Utility companies adjust their rate structures to charge their customers for the maximum amount of power (used each month), ostensibly to discourage peaks across the system. This is known as a demand charge - where the utility assesses the peak usage each month for a given period of time (often in 15 minute intervals) and then adjusts their rates accordingly. This cost has been growing in recent years and in certain territories can approach 70% of a customer’s total monthly bill. (insert some number on $/KWH). In fact, Massachusetts has some of the highest demand charges in the country.

• Lowering peak usage is possible, but it doesn’t always mesh with business priorities

In the past, customers have been somewhat limited in how they can manage their peak usage. Industrial companies can shut down operations or manufacturing lines and commercial entities can adjust temperatures in stores and offices during times of day when electricity costs are at a peak, however these measures don’t always line up with a company’s business priorities.

• Storage reduces demand and gives energy consumers flexibility in running their operations.

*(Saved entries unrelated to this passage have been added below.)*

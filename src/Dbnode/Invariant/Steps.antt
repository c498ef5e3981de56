-- ===== src/Dbnode/Invariant/Steps.antt =====
-- The invariant through the loops that send requests, the assembly of a quorum and an abort.
use part_ii_project.Base.{
  ltb, ◌==◌, Bool-cases, if_holds, length, All, All-take, is_positive, if-Safe, option-Safe,
  >>=-Safe, out_of_range-Safe, Safe-map, Safe, returns, ℕ, ◌-◌, ◌≤◌, ◌<◌, ◌≡◌, refl, sym, subst,
  ◌∙◌, ◌≢◌, inl, inr, Bool, true, false, ◌||◌, none, some, List, [], ◌∷◌, arith,
}
use part_ii_project.Packet.{
  Message, Messagetype, same_type, node_lock_request, node_lock_request_no_timeout,
  node_get_request, node_timestamp_request,
}
use part_ii_project.Dbnode.State.{
  Dbnode, request, set_member, request_members, members_or_empty, go_idle, Mode, idle, marker,
}
use part_ii_project.Datastore.{Store}
use part_ii_project.Dbnode.Quorum.{
  first_peers, peer_address, ask_peers, mark_next_step, assemble_quorum, quorum_request,
}
use part_ii_project.Dbnode.Abort.{
  report_abort, rollback_uncommited, abort_processing, unlock_request,
}
use part_ii_project.Dbnode.Invariant.{AllNodes, IsWf, AllNodes-insert, send-Safe, IsReady}

-- A random permutation of the numbers below `k` has no other number.
abbrev pub Bounded : (ℕ → List ℕ) → Type 0
Bounded perm = (k : ℕ) → All (λ d. d < k) (perm k)

module _ {S E : Type 0} where
  -- The invariant after a step that sends requests, and what such a step leaves alone.
  pub record Frame (n b : Dbnode S E) : Type 0 where
    pub wf : IsWf b
    pub id : b.id ≡ n.id
    pub num : b.num_peers ≡ n.num_peers
    pub mode : b.current_mode ≡ n.current_mode
    pub same_members : b.quorum_members ≡ n.quorum_members

  pub Frame-refl : (n : Dbnode S E) → IsWf n → Frame n n
  Frame-refl n w = record { wf = w; id = refl; num = refl; mode = refl; same_members = refl }

  Frame-trans : {a b c : Dbnode S E} → Frame a b → Frame b c → Frame a c
  Frame-trans f g = record {
    wf = g.wf;
    id = g.id ∙ f.id;
    num = g.num ∙ f.num;
    mode = g.mode ∙ f.mode;
    same_members = g.same_members ∙ f.same_members;
  }

  pub request-Safe :
      (n : Dbnode S E) (m : Message) (unlimited : Bool)
      → m.dest ≤ n.num_peers
      → IsWf n
      → Safe (Frame n) (request n m unlimited)
  unfolding request
  request-Safe n m unlimited le w =
      >>=-Safe (send-Safe n.num_peers n.request_repeater m unlimited le w.rows) λ r e rows.
        returns (record {
          wf = record { self = w.self; rows = rows; nodes = w.nodes; members = w.members };
          id = refl;
          num = refl;
          mode = refl;
          same_members = refl;
        })

  pub request_members-Safe :
      (req : ℕ → Message) (unlimited : Bool) (q : List (ℕ × Message)) (n : Dbnode S E)
      → ((d : ℕ) → (req d).dest ≡ d)
      → AllNodes n.num_peers q
      → IsWf n
      → Safe (Frame n) (request_members req unlimited q n)
  unfolding request_members
  request_members-Safe req unlimited [] n to a w = returns (Frame-refl n w)
  request_members-Safe req unlimited ((d, m) ∷ q) n to a w =
      if-Safe (d == n.id) (λ _. request_members-Safe req unlimited q n to a.1 w)
        (λ _. >>=-Safe (request-Safe n (req d) unlimited (rw (to d) a.0) w) λ b e f.
          Safe-map (λ c. Frame-trans f)
            (request_members-Safe req unlimited q b to (subst (λ k. AllNodes k q) (sym f.num) a.1)
              f.wf))

  -- The invariant after a step that writes to the members, which are there.
  pub record Kept (n b : Dbnode S E) : Type 0 where
    pub wf : IsWf b
    pub id : b.id ≡ n.id
    pub num : b.num_peers ≡ n.num_peers
    pub mode : b.current_mode ≡ n.current_mode
    pub there : b.quorum_members ≢ none

  Kept-trans : {a b c : Dbnode S E} → Kept a b → Kept b c → Kept a c
  Kept-trans f g = record {
    wf = g.wf;
    id = g.id ∙ f.id;
    num = g.num ∙ f.num;
    mode = g.mode ∙ f.mode;
    there = g.there;
  }

  Kept-Frame : {a b : Dbnode S E} → a.quorum_members ≢ none → Frame a b → Kept a b
  Kept-Frame h f = record {
    wf = f.wf;
    id = f.id;
    num = f.num;
    mode = f.mode;
    there = λ e. h (sym f.same_members ∙ e);
  }

  pub set_member-Safe :
      (n : Dbnode S E) (d : ℕ) (m : Message)
      → d ≤ n.num_peers
      → n.quorum_members ≢ none
      → IsWf n
      → Safe (Kept n) (set_member n d m)
  unfolding set_member
  set_member-Safe n d m le there w =
      option-Safe n.quorum_members (λ e. absurd (there e))
        λ q e. returns (record {
          wf = record {
            self = w.self;
            rows = w.rows;
            nodes =
                AllNodes-insert n.num_peers d m q le
                  (subst (λ o. AllNodes n.num_peers (members_or_empty o)) e w.nodes);
            members = λ _ e. cc;
          };
          id = refl;
          num = refl;
          mode = refl;
          there = λ e. cc;
        })

  ask_peers-Safe :
      (type : Messagetype) (nodes : List ℕ) (n : Dbnode S E)
      → All (λ d. d < n.num_peers) nodes
      → n.quorum_members ≢ none
      → IsWf n
      → Safe (Kept n) (ask_peers type nodes n)
  unfolding ask_peers
  ask_peers-Safe type [] n a there w = returns (Kept-Frame there (Frame-refl n w))
  ask_peers-Safe type (d ∷ nodes) n a there w =
      let to = peer_address n.id n.num_peers d in
      >>=-Safe (set_member-Safe n to (quorum_request n type to) (ground arith) there w) λ b e f.
        >>=-Safe (request-Safe b (quorum_request n type to) false (rw f.num (ground arith)) f.wf)
          λ c e' g.
            let k = Kept-trans f (Kept-Frame f.there g) in
            Safe-map (λ x. Kept-trans k)
              (ask_peers-Safe type nodes c (subst (λ p. All (λ d. d < p) nodes) (sym k.num) a.1)
                k.there g.wf)

  mark_next_step-Safe :
      (type : Messagetype) (n : Dbnode S E)
      → n.quorum_members ≢ none
      → IsWf n
      → Safe (Kept n) (mark_next_step type n)
  unfolding mark_next_step
  mark_next_step-Safe type n there w =
      if-Safe (same_type type node_lock_request)
        (λ _. set_member-Safe n n.id (marker node_get_request 0) w.self there w)
        λ _.
          if-Safe (same_type type node_lock_request_no_timeout)
            (λ _. set_member-Safe n n.id (marker node_timestamp_request 0) w.self there w)
            λ _. returns (Kept-Frame there (Frame-refl n w))

  pub assemble_quorum-Safe :
      (perm : ℕ → List ℕ) (size : ℕ) (type : Messagetype) (n : Dbnode S E)
      → Bounded perm
      → IsReady n
      → Safe IsWf (assemble_quorum perm size type n)
  unfolding assemble_quorum first_peers
  assemble_quorum-Safe perm size type n a w =
      >>=-Safe {Q = All (λ d. d < n.num_peers)}
        (if-Safe (size == 0 || ltb (length (perm n.num_peers)) (size - 1)) (λ _. out_of_range-Safe)
          (λ _.
            returns
              (All-take (λ d. d < n.num_peers) (size - 1) (perm n.num_peers) (a n.num_peers))))
        λ nodes e a'.
          >>=-Safe (ask_peers-Safe type nodes n1 a' (λ e. cc) w1)
            λ b e f. >>=-Safe (mark_next_step-Safe type b f.there f.wf) λ c e g. returns g.wf
    where
      n1 : Dbnode S E
      n1 = record n { quorum_members = some [] }

      w1 : IsWf n1
      w1 = record { self = w.self; rows = w.rows; nodes = tt; members = λ _ e. cc }

  report_abort-IsWf : (m : Mode) (n : Dbnode S E) → IsWf n → IsWf (report_abort m n)
  unfolding report_abort
  report_abort-IsWf idle n w = w
  report_abort-IsWf _ n w = w

  pub go_idle-IsWf : (n : Dbnode S E) → IsWf n → IsWf (go_idle n)
  unfolding go_idle
  go_idle-IsWf n w = record { self = w.self; rows = w.rows; nodes = tt; members = λ e. cc }

  rollback-IsWf : (st : Store S) (n : Dbnode S E) → IsWf n → IsWf (rollback_uncommited st n)
  unfolding rollback_uncommited
  rollback-IsWf st n w = elim (Bool-cases (is_positive n.uncommited_txid)) [
    | inl e ↦ rw e w
    | inr e ↦ rw e w
  ]

  report_abort-num : (m : Mode) (n : Dbnode S E) → (report_abort m n).num_peers ≡ n.num_peers
  unfolding report_abort
  report_abort-num idle n = refl
  report_abort-num _ n = refl

  -- An abort also leaves the number of peers alone.
  pub abort_processing-num :
      (st : Store S) (n : Dbnode S E)
      → IsWf n
      → Safe (λ b. IsWf b × (b.num_peers ≡ n.num_peers)) (abort_processing st n)
  unfolding abort_processing rollback_uncommited go_idle
  abort_processing-num st n w =
      >>=-Safe
        (request_members-Safe (unlock_request n1 false) true (members_or_empty n1.quorum_members) n1
          (λ d. refl) w1.nodes w1)
        λ b e f. returns (
          go_idle-IsWf (report_abort b.current_mode b) (report_abort-IsWf b.current_mode b f.wf),
          report_abort-num b.current_mode b ∙ f.num ∙ rollback-num,
        )
    where
      n1 : Dbnode S E
      n1 = rollback_uncommited st n

      w1 : IsWf n1
      w1 = rollback-IsWf st n w

      rollback-num : n1.num_peers ≡ n.num_peers
      rollback-num =
          if_holds (λ (b : Dbnode S E). b.num_peers ≡ n.num_peers) (is_positive n.uncommited_txid)
            refl refl

  pub abort_processing-Safe :
      (st : Store S) (n : Dbnode S E) → IsWf n → Safe IsWf (abort_processing st n)
  abort_processing-Safe st n w = Safe-map (λ b h. h.0) (abort_processing-num st n w)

A less intrusive solution to mitigating peak usage is solar energy, and more specifically, solar paired with an energy storage system. By now, many businesses know the benefits of solar in saving money and reducing emissions, but solar has the added benefit of producing more energy when the sun is most intense, often correlating with the times of peak demand. By adding a storage system to solar, companies can capture extra power when their demand is low and then use that power to offset their peak usage  - dramatically reducing demand charges and energy bills. 

• Storage and storage plus solar can add profit to your bottom line!

Many states, recognize the cost saving benefits of energy storage systems and are building programs to help spread their adoption. Massachusetts has set a recent goal of 200 MW of installed energy storage by 2020. We believe that goal is a bit conservative and we’ll likely see wider adoption of storage across the region and the rest of the country. For many companies, storage projects offer compelling rates of return today, and when businesses realize they can reduce their demand charges through storage solutions,  the market is bound to take off.

So perhaps the Gershwin brothers song was right, and summertime can be easy! 

John Mosher is vice president of energy solutions at Solect Energy, Hopkinton, Mass.